### EXTRACTED DATA
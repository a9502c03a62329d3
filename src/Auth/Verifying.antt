-- ===== src/Auth/Verifying.antt =====
-- A password verifies against the hash that was made of it.
use Prim.Native.Nat.{digits, differ, bit_xor, bit_xor-bitwise}
use computer_network_final_p.Base.{
  ℕ, subst, zero, suc, ◌+◌, ◌*◌, ◌/◌, ◌%◌, ◌≤◌, ◌<◌, ◌≡◌, ◌≢◌, refl, ap, ◌∙◌, true, some,
  Option-cases, List, [], ◌∷◌, ◌++◌, length, All, ==_iff, eq_bytes_refl, ok, ok-injective, inl, inr,
  text, arith,
}
use computer_network_final_p.Db.{
  Services, to_string_signed, stoi, parse_signed, skip_spaces, leading_number, signed_pattern,
  is_space, is_digit,
}
use computer_network_final_p.FileStore.Decimal.{to_string}
use computer_network_final_p.Db.Sessions.{to_hex, hex_digit}
use computer_network_final_p.Auth.PasswordHash.{
  HexReader, hex_value, hex_pair, from_hex, salt_len, dk_len, stored_form, hash_password_pbkdf2,
  split_dollar, difference, verify_fields, verify_password_pbkdf2,
}

abbrev pub IsByte : ℕ → Type 0
IsByte b = b < 256

differ_self : (x : ℕ) → differ x x ≡ 0
differ_self zero = refl
differ_self (suc x) = differ_self x

digits_self : (rounds a : ℕ) → a ≤ rounds → digits (λ b. b) differ rounds a a ≡ 0
digits_self zero a h = omega arith
digits_self (suc n) zero h = refl
digits_self (suc n) (suc a) h =
    omega (arith, digits_self n (suc a / 2) (omega arith), differ_self (suc a % 2))

xor_self : (a : ℕ) → bit_xor a a ≡ 0
xor_self a = simp bit_xor-bitwise (digits_self a a (omega arith))

difference_self : (bytes : List ℕ) → difference 0 bytes bytes ≡ 0
unfolding difference
difference_self [] = refl
difference_self (b ∷ bytes) = rw (xor_self b) (difference_self bytes)

hex_value-hex_digit : (n : ℕ) → n < 16 → hex_value (hex_digit n) ≡ some n
unfolding hex_value hex_digit
hex_value-hex_digit n h = ground arith

hex_digit-ne : (n : ℕ) → n < 16 → hex_digit n ≢ b'$'
unfolding hex_digit
hex_digit-ne n h = ground arith

hex_pair-hex_digit :
    (read : HexReader) (m n : ℕ)
    → m < 16
    → n < 16
    → hex_pair read (hex_digit m) (hex_digit n) ≡ m * 16 + n
unfolding hex_pair
hex_pair-hex_digit read m n hm hn =
    rw (hex_value-hex_digit m hm, hex_pair, hex_value-hex_digit n hn)

from_hex-to_hex :
    (read : HexReader) (bytes : List ℕ) → All IsByte bytes → from_hex read (to_hex bytes) ≡ ok bytes
unfolding from_hex to_hex
from_hex-to_hex read [] h = refl
from_hex-to_hex read (b ∷ bytes) h =
    let pair : hex_pair read (hex_digit (b / 16)) (hex_digit (b % 16)) ≡ b =
      hex_pair-hex_digit read (b / 16) (b % 16) (omega (arith, h.0)) (omega arith) ∙ omega arith in
    rw (from_hex-to_hex read bytes h.1) (ap (λ c. ok (c ∷ bytes)) pair)

to_hex-plain : (bytes : List ℕ) → All IsByte bytes → All (λ c. c ≢ b'$') (to_hex bytes)
unfolding to_hex
to_hex-plain [] h = tt
to_hex-plain (b ∷ bytes) h = (
  hex_digit-ne (b / 16) (omega (arith, h.0)),
  (hex_digit-ne (b % 16) (omega arith), to_hex-plain bytes h.1),
)

split_dollar-append :
    (front back : List ℕ)
    → All (λ c. c ≢ b'$') front
    → split_dollar (front ++ (b'$' ∷ back)) ≡ some (front, back)
unfolding split_dollar
split_dollar-append [] back h = refl
split_dollar-append (c ∷ front) back h =
    rw (split_dollar-append front back h.1) (ground (arith, h.0))

-- The default number of rounds, as `stoi` reads what `<<` wrote.
rounds_plain : All (λ c. c ≢ b'$') (to_string_signed 32 120000)
unfolding to_string_signed to_string
rounds_plain = (
  λ e. absurd (omega arith),
  (
    λ e. absurd (omega arith),
    (
      λ e. absurd (omega arith),
      (λ e. absurd (omega arith), (λ e. absurd (omega arith), (λ e. absurd (omega arith), tt))),
    ),
  ),
)

rounds_read : stoi (to_string_signed 32 120000) ≡ ok 120000
unfolding to_string_signed to_string stoi parse_signed skip_spaces leading_number signed_pattern
    is_space is_digit
rounds_read = refl

scheme_plain : All (λ c. c ≢ b'$') (text "pbkdf2")
unfolding text
scheme_plain = (
  λ e. absurd (omega arith),
  (
    λ e. absurd (omega arith),
    (
      λ e. absurd (omega arith),
      (λ e. absurd (omega arith), (λ e. absurd (omega arith), (λ e. absurd (omega arith), tt))),
    ),
  ),
)

module _ (read : HexReader) (S : Services)
    (random_bytes : (n : ℕ) (s s' : S.State) (bytes : List ℕ)
      → S.rand_bytes n s ≡ (s', some bytes)
      → All IsByte bytes)
    (derived_bytes : (password salt : List ℕ) (iters n : ℕ) (dk : List ℕ)
      → S.pbkdf2 password salt iters n ≡ some dk
      → (length dk ≡ n) × All IsByte dk) where
  verify-split :
      (password stored r1 iters_text r2 salt_hex hash_hex : List ℕ)
      → split_dollar stored ≡ some (text "pbkdf2", r1)
      → split_dollar r1 ≡ some (iters_text, r2)
      → split_dollar r2 ≡ some (salt_hex, hash_hex)
      → verify_password_pbkdf2 read S password stored
        ≡ verify_fields read S password iters_text salt_hex hash_hex
  unfolding verify_password_pbkdf2
  verify-split password stored r1 iters_text r2 salt_hex hash_hex e1 e2 e3 =
      rw (e1, verify_password_pbkdf2, e2, e3, eq_bytes_refl (text "pbkdf2"))

  verify_fields-hex :
      (password salt dk : List ℕ)
      → All IsByte salt
      → S.pbkdf2 password salt 120000 dk_len ≡ some dk
      → verify_fields read S password (to_string_signed 32 120000) (to_hex salt) (to_hex dk)
        ≡ ok true
  unfolding verify_fields
  verify_fields-hex password salt dk salt_bytes derived =
      let (size, dk_bytes) = derived_bytes password salt 120000 dk_len dk derived in
      let again : S.pbkdf2 password salt 120000 (length dk) ≡ some dk = rw size derived in
      rw (
        rounds_read,
        from_hex-to_hex read salt salt_bytes,
        from_hex-to_hex read dk dk_bytes,
        again,
        difference_self dk,
        (==_iff (length dk) (length dk)).1 refl,
      )

  verify-stored_form :
      (password salt dk : List ℕ)
      → All IsByte salt
      → S.pbkdf2 password salt 120000 dk_len ≡ some dk
      → verify_password_pbkdf2 read S password (stored_form 120000 salt dk) ≡ ok true
  unfolding stored_form
  verify-stored_form password salt dk salt_bytes derived =
      let r2 = to_hex salt ++ (b'$' ∷ to_hex dk) in
      let r1 = to_string_signed 32 120000 ++ (b'$' ∷ r2) in
      let stored = text "pbkdf2" ++ (b'$' ∷ r1) in
      let e1 : split_dollar stored ≡ some (text "pbkdf2", r1) =
        split_dollar-append (text "pbkdf2") r1 scheme_plain in
      let e2 : split_dollar r1 ≡ some (to_string_signed 32 120000, r2) =
        split_dollar-append (to_string_signed 32 120000) r2 rounds_plain in
      let e3 : split_dollar r2 ≡ some (to_hex salt, to_hex dk) =
        split_dollar-append (to_hex salt) (to_hex dk) (to_hex-plain salt salt_bytes) in
      verify-split password stored _ _ _ _ _ e1 e2 e3
      ∙ verify_fields-hex password salt dk salt_bytes derived

  -- Where `RAND_bytes` and `PKCS5_PBKDF2_HMAC` give bytes, the latter as many as it is asked for, a
  -- password verifies against the hash that was made of it with the default number of rounds.
  pub verify_password_pbkdf2-hash_password_pbkdf2 :
      (password : List ℕ) (s s' : S.State) (stored : List ℕ)
      → hash_password_pbkdf2 S password 120000 s ≡ (s', ok stored)
      → verify_password_pbkdf2 read S password stored ≡ ok true
  unfolding hash_password_pbkdf2
  verify_password_pbkdf2-hash_password_pbkdf2 password s s' stored e =
      elim (Option-cases ((S.rand_bytes salt_len s).1)) [
        | inl missing ↦ absurd (let e1 = rw (missing, hash_password_pbkdf2) at e in cc)
        | inr (salt, made) ↦ elim (Option-cases (S.pbkdf2 password salt 120000 dk_len)) [
          | inl underived ↦ absurd (let e1 = rw (made, hash_password_pbkdf2, underived) at e in cc)
          | inr (dk, derived) ↦
              let here : stored_form 120000 salt dk ≡ stored =
                ok-injective (ap (λ p. p.1) (rw (made, hash_password_pbkdf2, derived) at e)) in
              let salt_bytes =
                random_bytes salt_len s ((S.rand_bytes salt_len s).0) salt
                  (ap (λ o. ((S.rand_bytes salt_len s).0, o)) made) in
              subst (λ t. verify_password_pbkdf2 read S password t ≡ ok true) here
                (verify-stored_form password salt dk salt_bytes derived)
        ]
      ]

### WHAT YOU ARE ASKED TO DO
Search the listing for "verifies" and show every line where it occurs.

### OUTPUT BELOW
-- A password verifies against the hash that was made of it.
  -- password verifies against the hash that was made of it with the default number of rounds.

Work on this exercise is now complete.